İkinci Dünya Savaşı’nın ardından, özellikle sosyolojide, büyük kuramsal söylemler, yerini yavaş yavaş daha mikro düzeyde çalışmalara bırakmış ve böylece de diğer sosyal bilimlerle flört başlamıştır. Toplumu ve insanı anlamak adına, daha verimli bir dönemin kapısı açılmıştır. Bunu söylerken bahsi geçen kuramsal söylemleri inkâr ediyor değilim, yalnızca yeterli olmadıklarını düşünüyorum. Mesela “yabancılaşma” kavramından örnek verelim. Bunun neden kaynaklandığını ve genel olarak ne demek olduğunu açıklıyor kuramlar. Ama bu yabancılaşmanın farklı tezahürleri, farklı görünümleri olacağını; belki farklı toplumsal problemlerle birleştiğinde bambaşka formlara bürüneceğini açıklamıyor.
Mikro sosyolojiye edebi bir katkı
Banu Özyürek, Bir Günü Bitirme Sanatı’ndaki öykülerinde işlediği karakterlerde, aslında bahsi geçen mikro sosyolojiye edebi bir katkı sunuyor. Toplumsallıktan, insani ilişkilerden kaynaklı birtakım korkular, çeşitli takıntılar, kendine dair kimi arayışlar, zaman ve mekânla ilgili kaygılar… Tüm bunlar Özyürek’in karakterlerinin tam da hayatın içinde olduklarını, bizzat yaşadıklarını gösteren kanıtlar. Her bir ayrıntı, bahsi geçen olay örgüsünün yanında, bir psikoterapi seansına kulak misafiri olmuşuz izlenimi yaratıyor. Özyürek’in dilinin gücü ve tasvir yeteneğiyle bu kulak misafirliğine, gözümüzde canlandırdığımız sahneler eşlik ediyor ve öykülerin tamamını yalnızca kelimelerle değil, duyu organlarımızla da yaşayabiliyoruz.
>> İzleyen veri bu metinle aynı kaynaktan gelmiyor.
-- ===== src/Storage/Stores/Stored.antt =====
-- What is put into a repository is described by it.
use container_registry.Prelude.{
  ℕ, false, Result, ok, err, ◌>>=◌, List, ◌∷◌, [], Option, some, none, ◌≡◌, refl, sym, ap, ◌∙◌,
  arith, Bool-cases, inl, inr, length, get_elem?,
}
use container_registry.Prelude.Bytes.{Bytes, codes, bytes_eq}
use container_registry.Prelude.Sets.{contains}
use container_registry.Offline.Tags.{Digest}
use container_registry.Vacuum.{DigestText, FilePath}
use container_registry.Storage.Join.Laws.{render}
use container_registry.Storage.Paths.{DigestParts, PathSpec, path_for, blob_data, layer_link}
use container_registry.Storage.Paths.Plain.{IsName}
use container_registry.Storage.Paths.Proper.{IsValid, IsProper, elements}
use container_registry.Storage.Paths.Elements.{path_for-elements, elements-IsElement}
use container_registry.Storage.Paths.Below.{below-elements}
use container_registry.Storage.Driver.{Fault, Driver, is_below}
use container_registry.Storage.Stores.{
  Descriptor, StoreError, driver_error, blob_unknown, invalid_digest, Written, then_write, no_blob,
  describe, LinkPath, link, readlink, find_target, stat_linked, stat_blob, put_at, put_done,
  link_done, new_descriptor, repository_unknown, tag_unknown, unsupported, over_limit, put_unless,
  put_blob, link_each, link_blob, link_put, put_linked, blob_link_path,
}
use container_registry.Storage.Tags.Changes.{fault_of-none}
use container_registry.Storage.Stores.Access.{stat_blob-digest}

module _ (t : DigestText) (p : DigestParts t) (v : Driver) where
  abbrev pub data_file : Digest → FilePath
  data_file d = render (elements t (blob_data d))

  pub stat_blob-file :
      (d : Digest) (s : v.Disk)
      → IsValid t d
      → stat_blob t p v d s ≡ (no_blob (v.stat (data_file d) s) >>= describe t p v d)
  unfolding stat_blob
  stat_blob-file d s h = rw (path_for-elements t p (blob_data d) h) refl

  pub put_done-ok :
      (desc : Descriptor) (w : Option Fault × v.Disk) {d : Descriptor}
      → (put_done t p v desc w).0 ≡ ok d
      → (w.0 ≡ none) × (desc ≡ d) × ((put_done t p v desc w).1 ≡ w.1)
  put_done-ok desc (none, s) h = (refl, cc h, refl)
  put_done-ok desc (some e, s) h = cc h

  link_done-ok :
      (desc : Descriptor) (w : Written v.Disk) {d : Descriptor}
      → (link_done t p v desc w).0 ≡ ok d
      → (w.0 ≡ none) × (desc ≡ d) × ((link_done t p v desc w).1 ≡ w.1)
  link_done-ok desc (none, s) h = (refl, cc h, refl)
  link_done-ok desc (some e, s) h = cc h

  put_at-ok :
      (path : FilePath) (d : Digest) (c : Bytes) (s : v.Disk) (desc : Descriptor)
      → (put_at t p v (some path) d c s).0 ≡ ok desc
      → (no_blob (v.stat path (put_at t p v (some path) d c s).1) >>= describe t p v d) ≡ ok desc
  put_at-ok path d c s desc h =
      let (wrote, same, after) =
        put_done-ok (new_descriptor t p v d c) (v.put_content path c s) h in
      ap (λ s. no_blob (v.stat path s) >>= describe t p v d) after
      ∙ (ap (λ r. no_blob r >>= describe t p v d) (v.stat-put path c s wrote) ∙ ap ok same)

  put_unless-ok :
      (r : Result StoreError Descriptor) (d : Digest) (c : Bytes) (s : v.Disk) (desc : Descriptor)
      → IsValid t d
      → stat_blob t p v d s ≡ r
      → (put_unless t p v r d c s).0 ≡ ok desc
      → stat_blob t p v d (put_unless t p v r d c s).1 ≡ ok desc
  put_unless-ok (ok x) d c s desc hd e h = cc (e, h)
  put_unless-ok (err blob_unknown) d c s desc hd e h =
      let path = path_for-elements t p (blob_data d) hd in
      let same : put_at t p v (path_for t (blob_data d)) d c s
          ≡ put_at t p v (some (data_file d)) d c s =
        ap (λ o. put_at t p v o d c s) path in
      ap (λ (w : Result StoreError Descriptor × v.Disk). stat_blob t p v d w.1) same
      ∙ (stat_blob-file d (put_at t p v (some (data_file d)) d c s).1 hd
          ∙ put_at-ok (data_file d) d c s desc
              (ap (λ (w : Result StoreError Descriptor × v.Disk). w.0) (sym same) ∙ h))
  put_unless-ok (err (driver_error x)) d c s desc hd e h = cc h
  put_unless-ok (err invalid_digest) d c s desc hd e h = cc h
  put_unless-ok (err repository_unknown) d c s desc hd e h = cc h
  put_unless-ok (err tag_unknown) d c s desc hd e h = cc h
  put_unless-ok (err unsupported) d c s desc hd e h = cc h
  put_unless-ok (err over_limit) d c s desc hd e h = cc h

  -- What is put is described under the digest of its content.
  pub put_blob-stat :
      (c : Bytes) (s : v.Disk) (desc : Descriptor)
      → (put_blob t p v c s).0 ≡ ok desc
      → (desc.digest ≡ p.from_bytes c)
        × (stat_blob t p v (p.from_bytes c) (put_blob t p v c s).1 ≡ ok desc)
  unfolding put_blob
  put_blob-stat c s desc h =
      let d = p.from_bytes c in
      let known = put_unless-ok (stat_blob t p v d s) d c s desc (p.from_bytes-valid c) refl h in
      (stat_blob-digest t p v d (put_blob t p v c s).1 desc known, known)

  abbrev text_length : Option Bytes → ℕ
  text_length none = 0
  text_length (some c) = length c

  -- A link of a repository: its path, which lies among the repositories.
  pub record IsLink (k : PathSpec) (path : Option FilePath) : Type 0 where
    pub proper : IsProper t k
    pub formed : path ≡ path_for t k
    pub among : get_elem? (elements t k) 3 ≡ some (codes "repositories")

  abbrev pub link_file : PathSpec → FilePath
  link_file k = render (elements t k)

  pub link_formed :
      (k : PathSpec) {path : Option FilePath} → IsLink k path → path ≡ some (link_file k)
  link_formed k l = l.formed ∙ path_for-elements t p k l.proper

  -- No link lies below the data of a blob.
  pub link_apart :
      (k : PathSpec) {path : Option FilePath} (d : Digest)
      → IsLink k path
      → IsValid t d
      → is_below (data_file d) (link_file k) ≡ false
  link_apart k d l hd = elim (Bool-cases (is_below (data_file d) (link_file k))) [
    | inr apart ↦ apart
    | inl below ↦
        let (r, same) =
          below-elements (elements t (blob_data d)) (elements t k)
            (elements-IsElement t p (blob_data d) hd) (elements-IsElement t p k l.proper) below in
        let heads : some (codes "repositories") ≡ some (codes "blobs") =
          sym l.among ∙ ap (λ es. get_elem? es 3) same in
        absurd (omega (arith, ap text_length heads))
  ]

  pub link_blob-one :
      (f : LinkPath) (name : Bytes) (d : Digest) (path : FilePath) (s : v.Disk)
      → f name d ≡ some path
      → link_blob t p v f name d [] s ≡ then_write (link t p v path d s) (λ s. (none, s))
  unfolding link_blob link_each contains
  link_blob-one f name d path s e = rw e refl

  pub one_write : (w : Written v.Disk) → then_write w (λ s. (none, s)) ≡ w
  one_write (none, s) = refl
  one_write (some e, s) = refl

  pub link_put-ok :
      (f : LinkPath) (name : Bytes) (w : Result StoreError Descriptor × v.Disk) (desc : Descriptor)
      → (link_put t p v f name w).0 ≡ ok desc
      → (w.0 ≡ ok desc)
        × ((link_blob t p v f name desc.digest [] w.1).0 ≡ none)
        × ((link_put t p v f name w).1 ≡ (link_blob t p v f name desc.digest [] w.1).1)
  link_put-ok f name (err e, s) desc h = cc h
  link_put-ok f name (ok x, s) desc h =
      let (linked, same, after) = link_done-ok x (link_blob t p v f name x.digest [] s) h in
      (
        ap ok same,
        ap (λ (y : Descriptor). (link_blob t p v f name y.digest [] s).0) (sym same) ∙ linked,
        after ∙ ap (λ (y : Descriptor). (link_blob t p v f name y.digest [] s).1) same,
      )

  -- Behind the link of a described blob, the repository describes it.
  linked-stat :
      (f : LinkPath) (fs : List LinkPath) (k : PathSpec) (name : Bytes) (d : Digest) (s : v.Disk)
      (desc : Descriptor)
      → IsLink k (f name d)
      → IsValid t d
      → stat_blob t p v d s ≡ ok desc
      → (link t p v (link_file k) d s).0 ≡ none
      → stat_linked t p v (f ∷ fs) name d (link t p v (link_file k) d s).1 ≡ ok desc
  unfolding stat_linked find_target readlink link
  linked-stat f fs k name d s desc l hd known h =
      let path = link_file k in
      let after = (v.put_content path (codes d) s).1 in
      let wrote = fault_of-none (v.put_content path (codes d) s).0 h in
      let kept : stat_blob t p v d after ≡ ok desc =
        stat_blob-file d after hd
        ∙ (ap (λ r. no_blob r >>= describe t p v d)
              (v.stat-put_other path (data_file d) (codes d) s wrote (link_apart k d l hd))
            ∙ (sym (stat_blob-file d s hd) ∙ known)) in
      rw (link_formed k l, v.get-put path (codes d) s wrote, p.parse-codes d hd) kept

  -- What is put behind a link is described by it, under the digest of the content, as the call
  -- answered.
  pub put_linked-described :
      (f : LinkPath) (fs : List LinkPath) (k : PathSpec) (name : Bytes) (c : Bytes) (s : v.Disk)
      (desc : Descriptor)
      → IsLink k (f name (p.from_bytes c))
      → (put_linked t p v f name c s).0 ≡ ok desc
      → (desc.digest ≡ p.from_bytes c)
        × (stat_linked t p v (f ∷ fs) name (p.from_bytes c) (put_linked t p v f name c s).1
            ≡ ok desc)
  unfolding put_linked
  put_linked-described f fs k name c s desc l h =
      let d = p.from_bytes c in
      let hd = p.from_bytes-valid c in
      let stored = put_blob t p v c s in
      let (put, linked, after) = link_put-ok f name stored desc h in
      let (same, known) = put_blob-stat c s desc put in
      let one : link_blob t p v f name desc.digest [] stored.1
          ≡ link t p v (link_file k) d stored.1 =
        ap (λ x. link_blob t p v f name x [] stored.1) same
        ∙ (link_blob-one f name d (link_file k) stored.1 (link_formed k l)
            ∙ one_write (link t p v (link_file k) d stored.1)) in
      (
        same,
        ap (stat_linked t p v (f ∷ fs) name d) (after ∙ ap (λ (w : Written v.Disk). w.1) one)
            ∙ linked-stat f fs k name d stored.1 desc l hd known
                (ap (λ (w : Written v.Disk). w.0) (sym one) ∙ linked),
      )

  -- Content that is put into a repository without an error is described there, under its digest, as
  -- the call answered.
  pub put_linked-stat :
      (name : Bytes) (c : Bytes) (s : v.Disk) (desc : Descriptor)
      → IsName name
      → (put_linked t p v (blob_link_path t p v) name c s).0 ≡ ok desc
      → stat_linked t p v
          (blob_link_path t p v ∷ [])
          name
          (p.from_bytes c)
          (put_linked t p v (blob_link_path t p v) name c s).1
        ≡ ok desc
  put_linked-stat name c s desc hn h =
      let k = layer_link name (p.from_bytes c) in
      (put_linked-described (blob_link_path t p v) [] k name c s desc
        (record { proper = (hn, p.from_bytes-valid c); formed = refl; among = refl }) h).1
Öykülerin tamamını okuduğumuzda ise şahit olduğumuz psikoterapi seansları, birleşip yerini sosyolojik bir araştırmaya bırakıyor. Çünkü izlediğimiz insanların dertlerinin, korkutucu biçimde ortak bir zemini var.
Bir Günü Bitirme Sanatı önemsenmeli
Modern hayatın boğuculuğu ve bireyleri, özellikle de kadınları, içine hapsettiği çıkışsızlık, belki de sıkışmışlık hissi, derinden derine bütün öykülere ve temelde kitaba eşlik eden zemin. Bu zemin elbette birçok farklı yazar tarafından, farklı tarzlarda kullanıldı ve kullanılmaya devam ediyor. Peki, Özyürek’i bu noktada özel kılan, ya da önemsememizi gerektirecek husus nedir?

Öncelikle Özyürek’in öykülerinde, tematik olarak bambaşka konular işlenmiş. Aşk teması bile bambaşka bir açıdan ele alınarak, karakterin ruhsal ve de toplumsal krizine derinlik katan bir yan unsur olarak kullanılmış. Örneğin ilk öyküde, bahsi geçen Semra ile karakter arasındaki ilişkiyi ilk başta bir aşk ilişkisi olarak değerlendirirken, öykünün ilerleyen sayfalarında Özyürek bambaşka bir tablo çıkartarak karşımıza hem ters köşe yapıyor, hem de daha etkileyici bir iz bırakıyor hafızamızda. Onun haricindeki öykülerde, evlilik, aile, komşuluk, iş gibi farklı toplumsal zeminlerdeki, bahsi geçen çıkışsızlığın tezahürlerini izliyoruz. Bu anlamda öyküler arasında bir devamlılık söz konusu aslında. Hatta karakter olarak da bir aynılıktan söz etmek yanlış olmayacaktır. Örneğin birden fazla öyküde, karakterin ayağa bakma durumu söz konusu. Bu, karakter için, bir nevi yaşadığı zamana ve mekâna aidiyetsizliğin, kendini yabancı hissetmesinin bir tezahürü olarak kullanılıyor. Onun dışında karakterler arasında birçok başka benzerlik de yakalamak mümkün.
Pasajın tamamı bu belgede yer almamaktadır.